Please look for the string "then" below and report every line in which it occurs.

Saved data entries
※

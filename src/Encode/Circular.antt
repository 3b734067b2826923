-- ===== src/Encode/Circular.antt =====
-- check_circular_ref: the stack of the containers that are being encoded.
use mongo_perl_driver.Common.{
  ℕ, zero, suc, ◌≤◌, ◌<◌, ◌≡◌, refl, ap, Bool, false, ◌||◌, Option, none, some, List, [], ◌∷◌,
  arith, ◌==◌, if◌then◌else◌,
}

-- The stack of addresses, innermost first (struct stackette).
abbrev pub Stack : Type 0
Stack = List ℕ

-- EMPTY_STACK
abbrev pub empty_stack : Stack
empty_stack = []

unfoldable pub on_stack : ℕ → Stack → Bool
on_stack ptr [] = false
on_stack ptr (p ∷ stack) = (ptr == p) || on_stack ptr stack

-- The stack with the pointer pushed; `none` is the null pointer that stands for a circle.
unfoldable pub check_circular_ref : ℕ → Stack → Option Stack
check_circular_ref ptr stack = if on_stack ptr stack then none else some (ptr ∷ stack)

-- How many of the addresses below `n` are not on the stack.
unfoldable pub free_below : ℕ → Stack → ℕ
free_below zero stack = 0
free_below (suc n) stack = if on_stack n stack then free_below n stack else suc (free_below n stack)

free_below_above :
    (n ptr : ℕ) (stack : Stack) → n ≤ ptr → free_below n (ptr ∷ stack) ≡ free_below n stack
unfolding free_below on_stack
free_below_above zero ptr stack h = refl
free_below_above (suc n) ptr stack h = ground (arith, free_below_above n ptr stack)

-- Pushing a valid address that is not on the stack leaves one address less to push.
pub free_below_push :
    (n ptr : ℕ) (stack : Stack)
    → ptr < n
    → on_stack ptr stack ≡ false
    → free_below n stack ≡ suc (free_below n (ptr ∷ stack))
unfolding free_below on_stack
free_below_push zero ptr stack h k = absurd (omega arith)
free_below_push (suc n) ptr stack h k =
    ground (arith, free_below_push n ptr stack, free_below_above n ptr stack)

pub free_below_le : (n : ℕ) (stack : Stack) → free_below n stack ≤ n
unfolding free_below
free_below_le zero stack = omega arith
free_below_le (suc n) stack = ground (arith, free_below_le n stack)

pub free_below-empty : (n : ℕ) → free_below n [] ≡ n
unfolding free_below on_stack
free_below-empty zero = refl
free_below-empty (suc n) = ap suc (free_below-empty n)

※

Completed exercise:
  arith, ◌==◌, if◌then◌else◌,
check_circular_ref ptr stack = if on_stack ptr stack then none else some (ptr ∷ stack)
free_below (suc n) stack = if on_stack n stack then free_below n stack else suc (free_below n stack)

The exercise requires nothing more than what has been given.